§ **Data excerpts**:
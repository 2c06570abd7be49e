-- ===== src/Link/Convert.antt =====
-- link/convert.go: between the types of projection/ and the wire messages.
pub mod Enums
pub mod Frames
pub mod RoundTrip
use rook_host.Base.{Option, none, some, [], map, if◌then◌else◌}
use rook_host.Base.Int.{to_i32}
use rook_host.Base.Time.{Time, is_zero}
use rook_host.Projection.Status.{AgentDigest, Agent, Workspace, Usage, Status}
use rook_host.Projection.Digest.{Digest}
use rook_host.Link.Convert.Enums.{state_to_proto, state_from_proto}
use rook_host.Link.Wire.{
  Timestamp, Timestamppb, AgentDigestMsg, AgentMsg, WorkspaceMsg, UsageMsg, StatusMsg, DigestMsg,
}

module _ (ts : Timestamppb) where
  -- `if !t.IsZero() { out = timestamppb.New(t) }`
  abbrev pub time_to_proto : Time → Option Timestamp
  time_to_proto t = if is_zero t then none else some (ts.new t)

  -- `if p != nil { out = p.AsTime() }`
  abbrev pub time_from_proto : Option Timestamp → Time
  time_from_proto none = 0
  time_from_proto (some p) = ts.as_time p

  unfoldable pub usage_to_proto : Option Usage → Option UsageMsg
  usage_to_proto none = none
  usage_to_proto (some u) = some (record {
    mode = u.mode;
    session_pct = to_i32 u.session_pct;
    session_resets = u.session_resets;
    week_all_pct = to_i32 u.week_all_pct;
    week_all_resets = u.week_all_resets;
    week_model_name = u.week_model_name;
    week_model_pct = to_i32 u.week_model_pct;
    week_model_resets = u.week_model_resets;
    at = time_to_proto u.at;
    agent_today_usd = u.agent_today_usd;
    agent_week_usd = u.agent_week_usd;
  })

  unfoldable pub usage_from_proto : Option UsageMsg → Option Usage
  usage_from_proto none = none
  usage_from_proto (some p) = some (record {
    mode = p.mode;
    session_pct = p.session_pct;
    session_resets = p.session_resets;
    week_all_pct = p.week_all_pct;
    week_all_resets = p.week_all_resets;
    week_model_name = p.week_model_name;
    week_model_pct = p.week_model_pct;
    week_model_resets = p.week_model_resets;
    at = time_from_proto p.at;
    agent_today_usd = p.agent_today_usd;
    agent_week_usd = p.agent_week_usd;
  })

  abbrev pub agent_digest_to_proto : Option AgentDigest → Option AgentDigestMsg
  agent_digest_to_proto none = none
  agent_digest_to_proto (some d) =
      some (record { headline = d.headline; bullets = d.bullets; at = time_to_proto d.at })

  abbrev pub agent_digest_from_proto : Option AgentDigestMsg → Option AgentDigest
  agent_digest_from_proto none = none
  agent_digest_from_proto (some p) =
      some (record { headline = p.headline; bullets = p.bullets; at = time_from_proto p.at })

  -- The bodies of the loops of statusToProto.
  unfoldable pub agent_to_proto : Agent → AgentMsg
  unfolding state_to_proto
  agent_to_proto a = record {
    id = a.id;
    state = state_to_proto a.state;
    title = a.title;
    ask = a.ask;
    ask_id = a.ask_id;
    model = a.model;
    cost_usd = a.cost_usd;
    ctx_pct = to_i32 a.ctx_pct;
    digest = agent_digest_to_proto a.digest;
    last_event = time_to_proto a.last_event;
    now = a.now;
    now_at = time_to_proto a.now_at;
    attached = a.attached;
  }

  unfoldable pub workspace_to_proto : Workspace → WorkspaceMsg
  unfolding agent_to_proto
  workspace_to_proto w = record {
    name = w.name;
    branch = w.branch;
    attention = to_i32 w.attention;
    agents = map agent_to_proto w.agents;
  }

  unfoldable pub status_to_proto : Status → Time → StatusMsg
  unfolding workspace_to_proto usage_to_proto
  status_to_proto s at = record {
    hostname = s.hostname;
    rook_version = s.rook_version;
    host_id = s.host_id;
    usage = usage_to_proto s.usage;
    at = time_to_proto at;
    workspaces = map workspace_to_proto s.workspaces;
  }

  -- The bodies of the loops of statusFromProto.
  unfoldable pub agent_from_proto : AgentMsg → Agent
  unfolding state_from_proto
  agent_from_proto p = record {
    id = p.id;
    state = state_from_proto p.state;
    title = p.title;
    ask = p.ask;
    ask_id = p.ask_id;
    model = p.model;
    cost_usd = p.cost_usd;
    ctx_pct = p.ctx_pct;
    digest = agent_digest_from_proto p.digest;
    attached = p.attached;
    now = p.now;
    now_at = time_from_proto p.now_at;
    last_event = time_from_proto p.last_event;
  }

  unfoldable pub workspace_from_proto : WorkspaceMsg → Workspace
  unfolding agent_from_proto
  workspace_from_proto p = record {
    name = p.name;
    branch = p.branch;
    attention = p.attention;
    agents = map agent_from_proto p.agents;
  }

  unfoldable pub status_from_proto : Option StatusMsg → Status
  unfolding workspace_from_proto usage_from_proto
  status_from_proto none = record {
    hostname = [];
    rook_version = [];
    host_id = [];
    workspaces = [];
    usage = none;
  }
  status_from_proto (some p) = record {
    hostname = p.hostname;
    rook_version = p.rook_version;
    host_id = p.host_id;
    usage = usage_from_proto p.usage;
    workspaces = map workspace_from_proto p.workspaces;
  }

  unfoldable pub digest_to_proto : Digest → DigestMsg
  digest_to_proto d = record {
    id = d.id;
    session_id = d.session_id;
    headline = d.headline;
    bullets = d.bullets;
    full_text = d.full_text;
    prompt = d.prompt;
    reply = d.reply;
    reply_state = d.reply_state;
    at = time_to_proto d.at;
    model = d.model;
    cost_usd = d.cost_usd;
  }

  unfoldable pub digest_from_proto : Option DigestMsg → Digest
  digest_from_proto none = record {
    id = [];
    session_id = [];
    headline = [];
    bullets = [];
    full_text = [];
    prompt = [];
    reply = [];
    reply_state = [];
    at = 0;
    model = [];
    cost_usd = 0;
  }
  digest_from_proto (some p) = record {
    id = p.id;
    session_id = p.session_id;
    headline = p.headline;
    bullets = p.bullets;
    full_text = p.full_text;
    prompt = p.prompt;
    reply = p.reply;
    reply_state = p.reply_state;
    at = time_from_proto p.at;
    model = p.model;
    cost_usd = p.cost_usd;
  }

§ **What you should do**:
Give an exact copy of every line from the one holding "prompt = p.prompt;" through the end of the records, both included, and no other lines.

§ **Answer to this exercise**:
    prompt = p.prompt;
    reply = p.reply;
    reply_state = p.reply_state;
    at = time_from_proto p.at;
    model = p.model;
    cost_usd = p.cost_usd;
  }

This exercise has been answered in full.